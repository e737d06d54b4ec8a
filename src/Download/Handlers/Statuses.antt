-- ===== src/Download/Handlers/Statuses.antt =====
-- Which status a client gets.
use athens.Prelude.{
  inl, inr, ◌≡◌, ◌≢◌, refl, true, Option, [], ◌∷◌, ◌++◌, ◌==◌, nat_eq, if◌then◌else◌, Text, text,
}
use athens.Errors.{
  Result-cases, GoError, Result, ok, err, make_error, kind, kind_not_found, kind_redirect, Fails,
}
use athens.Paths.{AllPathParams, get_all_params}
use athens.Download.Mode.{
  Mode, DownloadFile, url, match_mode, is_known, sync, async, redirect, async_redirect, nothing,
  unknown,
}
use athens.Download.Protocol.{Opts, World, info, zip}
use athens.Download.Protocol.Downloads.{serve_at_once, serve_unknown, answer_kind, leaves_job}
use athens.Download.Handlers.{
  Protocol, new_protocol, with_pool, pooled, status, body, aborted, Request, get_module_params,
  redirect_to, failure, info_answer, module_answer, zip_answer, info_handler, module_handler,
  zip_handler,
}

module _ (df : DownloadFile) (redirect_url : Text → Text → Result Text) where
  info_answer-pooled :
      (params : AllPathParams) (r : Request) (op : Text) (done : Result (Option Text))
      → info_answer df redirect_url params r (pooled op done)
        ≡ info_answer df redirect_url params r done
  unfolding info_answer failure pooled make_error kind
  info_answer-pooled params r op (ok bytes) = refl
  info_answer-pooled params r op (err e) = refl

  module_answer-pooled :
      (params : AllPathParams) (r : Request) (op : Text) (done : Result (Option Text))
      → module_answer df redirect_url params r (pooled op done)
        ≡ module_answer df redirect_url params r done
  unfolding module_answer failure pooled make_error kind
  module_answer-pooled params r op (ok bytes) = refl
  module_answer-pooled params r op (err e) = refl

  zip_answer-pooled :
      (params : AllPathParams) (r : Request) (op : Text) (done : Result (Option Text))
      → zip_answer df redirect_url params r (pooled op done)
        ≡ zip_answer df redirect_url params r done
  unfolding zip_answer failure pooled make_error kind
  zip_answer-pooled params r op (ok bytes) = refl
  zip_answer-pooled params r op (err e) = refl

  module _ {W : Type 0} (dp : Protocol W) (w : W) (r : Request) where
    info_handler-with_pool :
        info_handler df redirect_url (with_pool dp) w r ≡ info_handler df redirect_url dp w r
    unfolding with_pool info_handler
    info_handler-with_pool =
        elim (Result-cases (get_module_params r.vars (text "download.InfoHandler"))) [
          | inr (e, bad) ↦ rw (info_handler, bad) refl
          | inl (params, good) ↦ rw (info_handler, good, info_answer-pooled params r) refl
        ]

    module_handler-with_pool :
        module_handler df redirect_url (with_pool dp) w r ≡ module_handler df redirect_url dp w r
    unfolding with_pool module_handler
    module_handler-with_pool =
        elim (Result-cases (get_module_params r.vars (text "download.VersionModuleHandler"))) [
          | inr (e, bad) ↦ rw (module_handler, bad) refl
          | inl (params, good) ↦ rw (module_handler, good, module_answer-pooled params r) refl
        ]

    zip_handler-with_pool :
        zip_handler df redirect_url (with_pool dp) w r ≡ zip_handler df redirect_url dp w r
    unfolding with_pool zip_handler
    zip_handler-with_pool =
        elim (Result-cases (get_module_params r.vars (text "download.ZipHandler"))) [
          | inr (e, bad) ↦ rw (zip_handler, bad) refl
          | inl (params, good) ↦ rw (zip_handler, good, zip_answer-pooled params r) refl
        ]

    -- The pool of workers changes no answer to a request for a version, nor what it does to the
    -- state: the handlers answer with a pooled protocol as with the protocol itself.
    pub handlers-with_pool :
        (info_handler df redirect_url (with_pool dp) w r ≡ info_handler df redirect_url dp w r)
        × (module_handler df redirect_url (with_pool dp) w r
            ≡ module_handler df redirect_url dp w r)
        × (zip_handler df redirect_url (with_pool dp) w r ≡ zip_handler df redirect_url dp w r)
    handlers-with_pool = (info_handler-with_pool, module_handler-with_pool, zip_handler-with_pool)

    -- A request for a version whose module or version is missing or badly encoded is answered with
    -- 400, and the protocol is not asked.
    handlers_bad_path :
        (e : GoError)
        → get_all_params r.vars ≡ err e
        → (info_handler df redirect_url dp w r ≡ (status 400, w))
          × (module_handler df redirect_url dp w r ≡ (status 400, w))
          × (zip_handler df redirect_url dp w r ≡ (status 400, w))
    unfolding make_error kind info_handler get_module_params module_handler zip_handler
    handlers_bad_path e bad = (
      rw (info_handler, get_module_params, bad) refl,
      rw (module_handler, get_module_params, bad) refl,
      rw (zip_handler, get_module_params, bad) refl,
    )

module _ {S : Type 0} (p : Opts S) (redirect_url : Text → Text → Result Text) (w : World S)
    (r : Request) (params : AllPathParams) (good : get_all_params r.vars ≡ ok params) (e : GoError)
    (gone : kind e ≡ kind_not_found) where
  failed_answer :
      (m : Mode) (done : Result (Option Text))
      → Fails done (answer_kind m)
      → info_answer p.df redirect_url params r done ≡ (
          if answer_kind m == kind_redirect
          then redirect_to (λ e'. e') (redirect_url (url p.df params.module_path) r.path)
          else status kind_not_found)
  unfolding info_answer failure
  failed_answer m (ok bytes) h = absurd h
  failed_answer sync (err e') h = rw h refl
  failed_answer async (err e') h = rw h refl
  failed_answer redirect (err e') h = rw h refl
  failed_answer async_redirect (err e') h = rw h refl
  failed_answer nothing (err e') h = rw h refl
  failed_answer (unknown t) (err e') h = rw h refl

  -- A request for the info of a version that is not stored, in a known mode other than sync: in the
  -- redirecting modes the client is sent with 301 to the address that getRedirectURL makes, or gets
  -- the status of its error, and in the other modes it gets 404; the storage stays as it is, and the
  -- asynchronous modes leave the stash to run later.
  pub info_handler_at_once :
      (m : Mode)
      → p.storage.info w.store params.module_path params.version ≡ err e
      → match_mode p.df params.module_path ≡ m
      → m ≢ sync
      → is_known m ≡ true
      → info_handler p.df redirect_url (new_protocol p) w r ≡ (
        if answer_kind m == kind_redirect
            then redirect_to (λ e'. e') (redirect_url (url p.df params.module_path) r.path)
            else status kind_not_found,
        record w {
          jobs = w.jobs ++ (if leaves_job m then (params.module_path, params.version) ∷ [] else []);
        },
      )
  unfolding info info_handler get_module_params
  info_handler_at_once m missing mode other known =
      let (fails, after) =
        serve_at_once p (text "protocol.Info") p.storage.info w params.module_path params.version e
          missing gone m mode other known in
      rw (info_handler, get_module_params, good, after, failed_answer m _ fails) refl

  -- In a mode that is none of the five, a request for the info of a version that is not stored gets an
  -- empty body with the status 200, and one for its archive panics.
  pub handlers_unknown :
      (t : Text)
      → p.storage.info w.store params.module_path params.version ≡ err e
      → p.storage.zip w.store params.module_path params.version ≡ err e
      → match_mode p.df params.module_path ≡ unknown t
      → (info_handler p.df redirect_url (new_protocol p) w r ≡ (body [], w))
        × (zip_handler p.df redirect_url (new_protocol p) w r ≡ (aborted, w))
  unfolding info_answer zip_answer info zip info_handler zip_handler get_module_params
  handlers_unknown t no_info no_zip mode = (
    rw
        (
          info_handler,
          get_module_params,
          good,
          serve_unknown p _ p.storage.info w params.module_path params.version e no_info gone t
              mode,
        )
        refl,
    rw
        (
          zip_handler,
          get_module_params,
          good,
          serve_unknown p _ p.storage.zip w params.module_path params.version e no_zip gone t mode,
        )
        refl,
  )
************
# Exercise directions:
Using the material above, output each line exactly as it appears.

# Solved problem:
repository e737d06d54b4ec8a
filename src/Download/Handlers/Statuses.antt
-- ===== src/Download/Handlers/Statuses.antt =====
-- Which status a client gets.
use athens.Prelude.{
  inl, inr, ◌≡◌, ◌≢◌, refl, true, Option, [], ◌∷◌, ◌++◌, ◌==◌, nat_eq, if◌then◌else◌, Text, text,
}
use athens.Errors.{
  Result-cases, GoError, Result, ok, err, make_error, kind, kind_not_found, kind_redirect, Fails,
}
use athens.Paths.{AllPathParams, get_all_params}
use athens.Download.Mode.{
  Mode, DownloadFile, url, match_mode, is_known, sync, async, redirect, async_redirect, nothing,
  unknown,
}
use athens.Download.Protocol.{Opts, World, info, zip}
use athens.Download.Protocol.Downloads.{serve_at_once, serve_unknown, answer_kind, leaves_job}
use athens.Download.Handlers.{
  Protocol, new_protocol, with_pool, pooled, status, body, aborted, Request, get_module_params,
  redirect_to, failure, info_answer, module_answer, zip_answer, info_handler, module_handler,
  zip_handler,
}

module _ (df : DownloadFile) (redirect_url : Text → Text → Result Text) where
  info_answer-pooled :
      (params : AllPathParams) (r : Request) (op : Text) (done : Result (Option Text))
      → info_answer df redirect_url params r (pooled op done)
        ≡ info_answer df redirect_url params r done
  unfolding info_answer failure pooled make_error kind
  info_answer-pooled params r op (ok bytes) = refl
  info_answer-pooled params r op (err e) = refl

  module_answer-pooled :
      (params : AllPathParams) (r : Request) (op : Text) (done : Result (Option Text))
      → module_answer df redirect_url params r (pooled op done)
        ≡ module_answer df redirect_url params r done
  unfolding module_answer failure pooled make_error kind
  module_answer-pooled params r op (ok bytes) = refl
  module_answer-pooled params r op (err e) = refl

  zip_answer-pooled :
      (params : AllPathParams) (r : Request) (op : Text) (done : Result (Option Text))
      → zip_answer df redirect_url params r (pooled op done)
        ≡ zip_answer df redirect_url params r done
  unfolding zip_answer failure pooled make_error kind
  zip_answer-pooled params r op (ok bytes) = refl
  zip_answer-pooled params r op (err e) = refl

  module _ {W : Type 0} (dp : Protocol W) (w : W) (r : Request) where
    info_handler-with_pool :
        info_handler df redirect_url (with_pool dp) w r ≡ info_handler df redirect_url dp w r
    unfolding with_pool info_handler
    info_handler-with_pool =
        elim (Result-cases (get_module_params r.vars (text "download.InfoHandler"))) [
          | inr (e, bad) ↦ rw (info_handler, bad) refl
          | inl (params, good) ↦ rw (info_handler, good, info_answer-pooled params r) refl
        ]

    module_handler-with_pool :
        module_handler df redirect_url (with_pool dp) w r ≡ module_handler df redirect_url dp w r
    unfolding with_pool module_handler
    module_handler-with_pool =
        elim (Result-cases (get_module_params r.vars (text "download.VersionModuleHandler"))) [
          | inr (e, bad) ↦ rw (module_handler, bad) refl
          | inl (params, good) ↦ rw (module_handler, good, module_answer-pooled params r) refl
        ]

    zip_handler-with_pool :
        zip_handler df redirect_url (with_pool dp) w r ≡ zip_handler df redirect_url dp w r
    unfolding with_pool zip_handler
    zip_handler-with_pool =
        elim (Result-cases (get_module_params r.vars (text "download.ZipHandler"))) [
          | inr (e, bad) ↦ rw (zip_handler, bad) refl
          | inl (params, good) ↦ rw (zip_handler, good, zip_answer-pooled params r) refl
        ]

    -- The pool of workers changes no answer to a request for a version, nor what it does to the
    -- state: the handlers answer with a pooled protocol as with the protocol itself.
    pub handlers-with_pool :
        (info_handler df redirect_url (with_pool dp) w r ≡ info_handler df redirect_url dp w r)
        × (module_handler df redirect_url (with_pool dp) w r
            ≡ module_handler df redirect_url dp w r)
        × (zip_handler df redirect_url (with_pool dp) w r ≡ zip_handler df redirect_url dp w r)
    handlers-with_pool = (info_handler-with_pool, module_handler-with_pool, zip_handler-with_pool)

    -- A request for a version whose module or version is missing or badly encoded is answered with
    -- 400, and the protocol is not asked.
    handlers_bad_path :
        (e : GoError)
        → get_all_params r.vars ≡ err e
        → (info_handler df redirect_url dp w r ≡ (status 400, w))
          × (module_handler df redirect_url dp w r ≡ (status 400, w))
          × (zip_handler df redirect_url dp w r ≡ (status 400, w))
    unfolding make_error kind info_handler get_module_params module_handler zip_handler
    handlers_bad_path e bad = (
      rw (info_handler, get_module_params, bad) refl,
      rw (module_handler, get_module_params, bad) refl,
      rw (zip_handler, get_module_params, bad) refl,
    )

module _ {S : Type 0} (p : Opts S) (redirect_url : Text → Text → Result Text) (w : World S)
    (r : Request) (params : AllPathParams) (good : get_all_params r.vars ≡ ok params) (e : GoError)
    (gone : kind e ≡ kind_not_found) where
  failed_answer :
      (m : Mode) (done : Result (Option Text))
      → Fails done (answer_kind m)
      → info_answer p.df redirect_url params r done ≡ (
          if answer_kind m == kind_redirect
          then redirect_to (λ e'. e') (redirect_url (url p.df params.module_path) r.path)
          else status kind_not_found)
  unfolding info_answer failure
  failed_answer m (ok bytes) h = absurd h
  failed_answer sync (err e') h = rw h refl
  failed_answer async (err e') h = rw h refl
  failed_answer redirect (err e') h = rw h refl
  failed_answer async_redirect (err e') h = rw h refl
  failed_answer nothing (err e') h = rw h refl
  failed_answer (unknown t) (err e') h = rw h refl

  -- A request for the info of a version that is not stored, in a known mode other than sync: in the
  -- redirecting modes the client is sent with 301 to the address that getRedirectURL makes, or gets
  -- the status of its error, and in the other modes it gets 404; the storage stays as it is, and the
  -- asynchronous modes leave the stash to run later.
  pub info_handler_at_once :
      (m : Mode)
      → p.storage.info w.store params.module_path params.version ≡ err e
      → match_mode p.df params.module_path ≡ m
      → m ≢ sync
      → is_known m ≡ true
      → info_handler p.df redirect_url (new_protocol p) w r ≡ (
        if answer_kind m == kind_redirect
            then redirect_to (λ e'. e') (redirect_url (url p.df params.module_path) r.path)
            else status kind_not_found,
        record w {
          jobs = w.jobs ++ (if leaves_job m then (params.module_path, params.version) ∷ [] else []);
        },
      )
  unfolding info info_handler get_module_params
  info_handler_at_once m missing mode other known =
      let (fails, after) =
        serve_at_once p (text "protocol.Info") p.storage.info w params.module_path params.version e
          missing gone m mode other known in
      rw (info_handler, get_module_params, good, after, failed_answer m _ fails) refl

  -- In a mode that is none of the five, a request for the info of a version that is not stored gets an
  -- empty body with the status 200, and one for its archive panics.
  pub handlers_unknown :
      (t : Text)
      → p.storage.info w.store params.module_path params.version ≡ err e
      → p.storage.zip w.store params.module_path params.version ≡ err e
      → match_mode p.df params.module_path ≡ unknown t
      → (info_handler p.df redirect_url (new_protocol p) w r ≡ (body [], w))
        × (zip_handler p.df redirect_url (new_protocol p) w r ≡ (aborted, w))
  unfolding info_answer zip_answer info zip info_handler zip_handler get_module_params
  handlers_unknown t no_info no_zip mode = (
    rw
        (
          info_handler,
          get_module_params,
          good,
          serve_unknown p _ p.storage.info w params.module_path params.version e no_info gone t
              mode,
        )
        refl,
    rw
        (
          zip_handler,
          get_module_params,
          good,
          serve_unknown p _ p.storage.zip w params.module_path params.version e no_zip gone t mode,
        )
        refl,
  )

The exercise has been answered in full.